Mas não chegou a todos. Muitas mulheres, segundo o feedback, pensaram que, embora a campanha parecesse muito boa, não era a realidade de suas vidas. Daí a terceira fase: Fit Got Real, que tem como objetivo inspirar as mulheres que menos exercitam, aquelas em empregos rotineiros ou de baixa renda, e mulheres negras e sul-asiáticas.A mensagem desta vez é cada pequena conta, nenhuma licra cara é necessária.

Price vê imagens como as do filme Fit Got Real como vitais. “Em um mundo de Instagram, ver suado e desalinhado é incrivelmente poderoso.” Inscreva-se no The Recap, nosso e-mail semanal de escolhas de editores.

Mas não são apenas as mulheres normais que praticam esporte que perdem na representação. Há uma escassez dolorosa de imagens de mulheres nas páginas de esportes dos jornais também. No ano passado, Totally Runable – uma organização que trabalha em escolas com meninas e mulheres – realizou uma experiência. Entre julho de 2017 e junho de 2018, eles analisaram nove jornais nacionais um dia por mês e tomaram nota de quais fotos foram usadas. No total, foram encontrados 3.107 fotos de pessoas praticando esportes.Destes, cinco eram de homens e mulheres juntos, 3.011 eram de homens – e apenas 91 eram de mulheres: 2,9% do total. Críquete feminino fica em seus próprios pés no marco do Mundial Twenty20 | The Spin Leia mais

No pior dia de sua pesquisa, em setembro de 2017, havia 365 fotos de homens praticando esportes e uma foto solitária de uma mulher.Nenhum papel cobriu-se de glória ao longo do ano – o Guardian liderou a pesquisa com 9,8% das imagens em sua seção de esportes com mulheres, o Star, o Mirror e o Mail tinham menos de 2%, enquanto o Sun definhava na parte inferior com 0,8%.
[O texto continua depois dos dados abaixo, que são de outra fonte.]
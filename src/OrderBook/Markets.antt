-- ===== src/OrderBook/Markets.antt =====
-- A market order in include/lob/order_book.hpp, from its guards to the book that it leaves, against
-- the reference engine of engines/naive_book.hpp.
use limit_order_book.Base.{
  ℕ, ◌^◌, ◌<◌, ◌≡◌, refl, sym, ap, subst, ◌∙◌, ℤ, pos, ◌≤ℤ◌, ◌<ℤ◌, IsI64, ltb_ℤ, eqb_ℤ, Bool, true,
  false, none, List, [], ◌∷◌, All, arith, ◌==◌, Bool-cases, inl, inr,
}
use limit_order_book.Types.{Side, bid, ask, allow, no_price}
use limit_order_book.Fifo.{Ptr}
use limit_order_book.Naive.Sides
use limit_order_book.Naive.Sides.{
  BookSide, SideFill, match_side, match_from, fill_level, front_price,
}
use limit_order_book.Naive
use limit_order_book.Naive.{NaiveBook, own, opposite, set_opposite, protected, market_match}
use limit_order_book.Priority.Market.{limit_price}
use limit_order_book.Naive.Refinement.{other, own-set_opposite}
use limit_order_book.Naive.Updates.{opposite-set_opposite, trades-set_opposite}
use limit_order_book.Engine.{Parts, Book, MatchOutcome, opposite_ladder, match, stp_is_on}
use limit_order_book.Engine.Laws.{Entries, LadderLaws, IndexLaws, AllocLaws, first_price}
use limit_order_book.Engine.Queues.{Groups, entries}
use limit_order_book.Engine.Books.{Represents}
use limit_order_book.Engine.Levels.{book_side}
use limit_order_book.Engine.Agreement.{match-match_side}
use limit_order_book.OrderBook.{submit_market, is_resting, market_limit, max_price, min_price}
use limit_order_book.OrderBook.Missing.{not_resting-missing}
use limit_order_book.OrderBook.Submission.{Submitted, Submitted-unchanged}

-- Two price tests that agree on the levels of a side match the same.
match_from-same :
    (taker want : ℕ) (c d : ℤ → Bool) (filled : ℕ) (levels : BookSide)
    → All (λ l. c l.0 ≡ d l.0) levels
    → match_from taker want c filled levels ≡ match_from taker want d filled levels
unfolding match_from
match_from-same taker want c d filled [] h = refl
match_from-same taker want c d filled ((px, lvl) ∷ rest) h =
    let f = fill_level taker px want filled lvl in
    rw (h.0, match_from-same taker want c d f.filled rest h.1) refl

match_side-same :
    (taker want : ℕ) (c d : ℤ → Bool) (levels : BookSide)
    → All (λ l. c l.0 ≡ d l.0) levels
    → match_side taker want c levels ≡ match_side taker want d levels
unfolding match_side
match_side-same taker want c d levels h = match_from-same taker want c d 0 levels h

-- The limit of a market order that has no protection.
abbrev far : Side → ℤ
far bid = max_price
far ask = min_price

far-crosses :
    (s : Side) (gs : Groups)
    → All (λ e. e.0 ≤ℤ max_price) (entries gs)
    → All (λ e. pos 0 <ℤ e.0) (entries gs)
    → All (λ l. true ≡ Sides.crosses s (far s) l.0) (book_side gs)
unfolding Sides.crosses
far-crosses s [] h p = tt
far-crosses bid ((px, cs) ∷ gs) h p = (ground (arith, h.0), far-crosses bid gs h.1 p.1)
far-crosses ask ((px, cs) ∷ gs) h p = (ground (arith, p.0), far-crosses ask gs h.1 p.1)

front-first_price : (gs : Groups) → front_price (book_side gs) ≡ first_price (entries gs)
front-first_price [] = refl
front-first_price (g ∷ gs) = refl

same_tests : (c d : ℤ → Bool) → c ≡ d → (levels : BookSide) → All (λ l. c l.0 ≡ d l.0) levels
same_tests c d e [] = tt
same_tests c d e (l ∷ levels) = (ap (λ f. f l.0) e, same_tests c d e levels)

module _ {L I A : Type 0} (parts : Parts L I A) where
  market_limit-off :
      (s : Side) (ref p : ℤ) → ltb_ℤ (pos 0) p ≡ false → market_limit parts s ref p ≡ far s
  market_limit-off bid ref p e = rw e refl
  market_limit-off ask ref p e = rw e refl

  market_limit-on :
      (s : Side) (ref p : ℤ)
      → ltb_ℤ (pos 0) p ≡ true
      → market_limit parts s ref p ≡ protected s ref p
  market_limit-on bid ref p e = rw e refl
  market_limit-on ask ref p e = rw e refl

  module _ (Shows : Side → L → Entries → Type 0) (Indexes : I → List (ℕ × Ptr) → Type 0)
      (Owns : A → List Ptr → Type 0) (ladder : LadderLaws parts Shows)
      (index : IndexLaws parts Indexes) (alloc : AllocLaws parts Owns) (s : Side) (id qty owner : ℕ)
      (own_groups opposite_groups : Groups) (b : Book L I A) (n : NaiveBook)
      (h : Represents parts Shows Indexes Owns s own_groups opposite_groups b)
      (same_own : own s n ≡ book_side own_groups)
      (same_opposite : opposite s n ≡ book_side opposite_groups) (no_stp : b.stp ≡ allow)
      (small : qty < 2 ^ 32) (real_id : 0 < id) (missing : parts.find id b.orders ≡ none)
      (same_protection : n.protection ≡ b.protection)
      (priced : All (λ e. e.0 ≤ℤ max_price) (entries opposite_groups)) where
    abbrev Same : Book L I A × ℕ → NaiveBook × ℕ → Type 0
    Same x y = Submitted parts Shows Indexes Owns s b n x y

    abbrev answer : Book L I A × MatchOutcome → Book L I A × ℕ
    answer x = (x.0, x.1.filled)

    abbrev naive_answer : SideFill → NaiveBook × ℕ
    naive_answer f = (set_opposite s f.levels f.trades n, f.filled)

    nothing : Same (b, 0) (n, 0)
    nothing =
        Submitted-unchanged parts Shows Indexes Owns ladder index alloc s id (pos 0) qty owner
          own_groups opposite_groups b n h same_own same_opposite 0

    matched :
        (lim : ℤ)
        → Same
            (answer (match parts s false id lim qty owner b))
            (naive_answer (match_side id qty (Sides.crosses s lim) (book_side opposite_groups)))
    matched lim =
        let g = match_side id qty (Sides.crosses s lim) (book_side opposite_groups) in
        let r =
          match-match_side parts Shows Indexes Owns ladder index alloc s id lim qty owner own_groups
            opposite_groups b h small in
        record {
          own_groups = own_groups;
          opposite_groups = r.0;
          new = g.trades;
          represents = r.1.0;
          own_side = own-set_opposite s g.levels g.trades n ∙ same_own;
          opposite_side = opposite-set_opposite s g.levels g.trades n ∙ sym r.1.1;
          events = r.1.4;
          trades = trades-set_opposite s g.levels g.trades n;
          result = r.1.2;
        }

    taking :
        (lim : ℤ) (c : ℤ → Bool)
        → All (λ l. c l.0 ≡ Sides.crosses s lim l.0) (book_side opposite_groups)
        → Same
            (answer (match parts s (stp_is_on b.stp) id lim qty owner b))
            (market_match id s qty c n)
    taking lim c agree =
        let filled : match_side id qty (Sides.crosses s lim) (book_side opposite_groups)
            ≡ match_side id qty c (opposite s n) =
          sym (
            ap (match_side id qty c) same_opposite
            ∙ match_side-same id qty c (Sides.crosses s lim) (book_side opposite_groups) agree) in
        subst
          (λ on. Same (answer (match parts s on id lim qty owner b)) (market_match id s qty c n))
          (sym (ap stp_is_on no_stp))
          (subst (λ f. Same (answer (match parts s false id lim qty owner b)) (naive_answer f))
            filled (matched lim))

    same_best : parts.best (opposite_ladder s b) ≡ front_price (opposite s n)
    same_best =
        ladder.best (other s) (opposite_ladder s b) (entries opposite_groups) h.opposite_shows
        ∙ sym (front-first_price opposite_groups)
        ∙ sym (ap front_price same_opposite)

    not_resting : is_resting parts id b ≡ false
    not_resting = not_resting-missing parts id b missing

    every_level : All (λ l. true ≡ Sides.crosses s (far s) l.0) (book_side opposite_groups)
    every_level =
        far-crosses s opposite_groups priced (
          ladder.positive (other s) (opposite_ladder s b) (entries opposite_groups)
            h.opposite_shows)

    -- Over any containers that keep their laws and with self-trades allowed, on a book and a
    -- reference book of the same price levels and the same protection, for any side, a quantity
    -- below 2^32 and a positive id that does not rest, where no facing price is above that of the
    -- largest 64-bit integer and, where protection is on, the limit is within 64 bits, the final
    -- engine's submit_market does what the reference engine's does: the books then stand for the
    -- same levels, they report the same trades in the same order, and they return the same
    -- quantity.
    pub submit_market-Submitted :
        (ltb_ℤ (pos 0) b.protection ≡ true
          → IsI64 (limit_price s (front_price (opposite s n)) b.protection))
        → Submitted parts Shows Indexes Owns s b n
            (submit_market parts id s qty owner b)
            (Naive.submit_market id s qty n)
    unfolding submit_market Naive.submit_market
    submit_market-Submitted _ =
        let some_id : (id == 0) ≡ false = ground arith in
        elim (Bool-cases (qty == 0)) [
          | inl none_wanted ↦ rw (some_id, none_wanted) nothing
          | inr wanted ↦ elim (Bool-cases (ltb_ℤ (pos 0) b.protection)) [
            | inr free ↦
                let naive_free = ap (ltb_ℤ (pos 0)) same_protection ∙ free in
                rw (some_id, wanted, not_resting, free, naive_free, market_limit-off)
                  (taking (far s) (λ _. true) every_level)
            | inl safe ↦
                let naive_safe = ap (ltb_ℤ (pos 0)) same_protection ∙ safe in
                elim (Bool-cases (eqb_ℤ (front_price (opposite s n)) no_price)) [
                  | inl bare ↦
                      rw (some_id, wanted, not_resting, safe, naive_safe, same_best, bare) nothing
                  | inr there ↦
                      let ref = front_price (opposite s n) in
                      rw
                        (
                          some_id, wanted, not_resting, safe, naive_safe, same_best, there,
                          market_limit-on,
                        )
                        (taking (protected s ref b.protection)
                          (Sides.crosses s (protected s ref n.protection))
                          (same_tests _ _
                            (ap (λ p. Sides.crosses s (protected s ref p)) same_protection) _))
                ]
          ]
        ]
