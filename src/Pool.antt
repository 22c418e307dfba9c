-- ===== src/Pool.antt =====
-- include/lob/pool.hpp, class Pool. A slot is named by its place in the order in which the slabs
-- have slots, so a slab's slots are consecutive numbers and `cursor_` stands in the newest slab. The
-- free list that is threaded through the free slots is the list of these slots.
pub mod Calls
use limit_order_book.Base.{ℕ, ◌+◌, ◌*◌, ◌-◌, List, [], ◌∷◌, ◌==◌, if◌then◌else◌}

pub record Pool : Type 0 where
  pub free : List ℕ
  pub cursor : ℕ
  pub slab_end : ℕ
  pub last_slab_elems : ℕ
  pub capacity : ℕ
  pub slabs : ℕ

unfoldable pub add_slab : ℕ → Pool → Pool
add_slab elems p = record p {
  cursor = p.capacity;
  slab_end = p.capacity + elems;
  last_slab_elems = elems;
  capacity = p.capacity + elems;
  slabs = p.slabs + 1;
}

unfoldable pub new : ℕ → Pool
new initial_capacity =
    add_slab initial_capacity
      (record { free = []; cursor = 0; slab_end = 0; last_slab_elems = 0; capacity = 0; slabs = 0 })

-- A slot for `create`, and the pool after it.
unfoldable pub raw_slot : Pool → Pool × ℕ
raw_slot p = elim p.free [
  | n ∷ rest ↦ (record p { free = rest }, n)
  | [] ↦
      let p' : Pool = if p.cursor == p.slab_end then add_slab (p.last_slab_elems * 2) p else p in
      (record p' { cursor = p'.cursor + 1 }, p'.cursor)
]

unfoldable pub destroy : ℕ → Pool → Pool
destroy slot p = record p { free = slot ∷ p.free }

pub grow_count : Pool → ℕ
grow_count p = p.slabs - 1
E mesmo quando as mulheres esportivas eram fotografadas, as fotografias muitas vezes mostravam-nas em um vestido que recebiam um prêmio, ou envoltas em uma bandeira – não fazendo a coisa pela qual eram famosas.

< Natalie Jackson, diretora da Totally Runable, não se surpreendeu com os resultados. "Há ainda um longo caminho a percorrer. Sabemos do trabalho que fazemos nas escolas que, às sete anos, as meninas têm 22% menos probabilidade de se chamarem esportivas do que os meninos. Mas é de admirar?Se eles não puderem ver, é muito mais difícil para eles serem. ”Em resposta, ela lançou o #SeeSportyBeSporty, pedindo que o esporte na mídia seja mais igual ao gênero.

Os balcões de jornais dizem que os esportes femininos nem sempre se ajudam. Algumas organizações, como o netball, são incrivelmente bem administradas e são boas em avançar. Outros não são. Para aumentar os números, porém, tem de haver esforço de ambos os lados da mesa.

Esforço como o de Jennie Price, a garota escolhida pela última vez no PE, que na noite de quinta-feira ganhou o prêmio pelo conjunto da obra. os prêmios de esportistas do ano. Essa garota pode, tudo bem.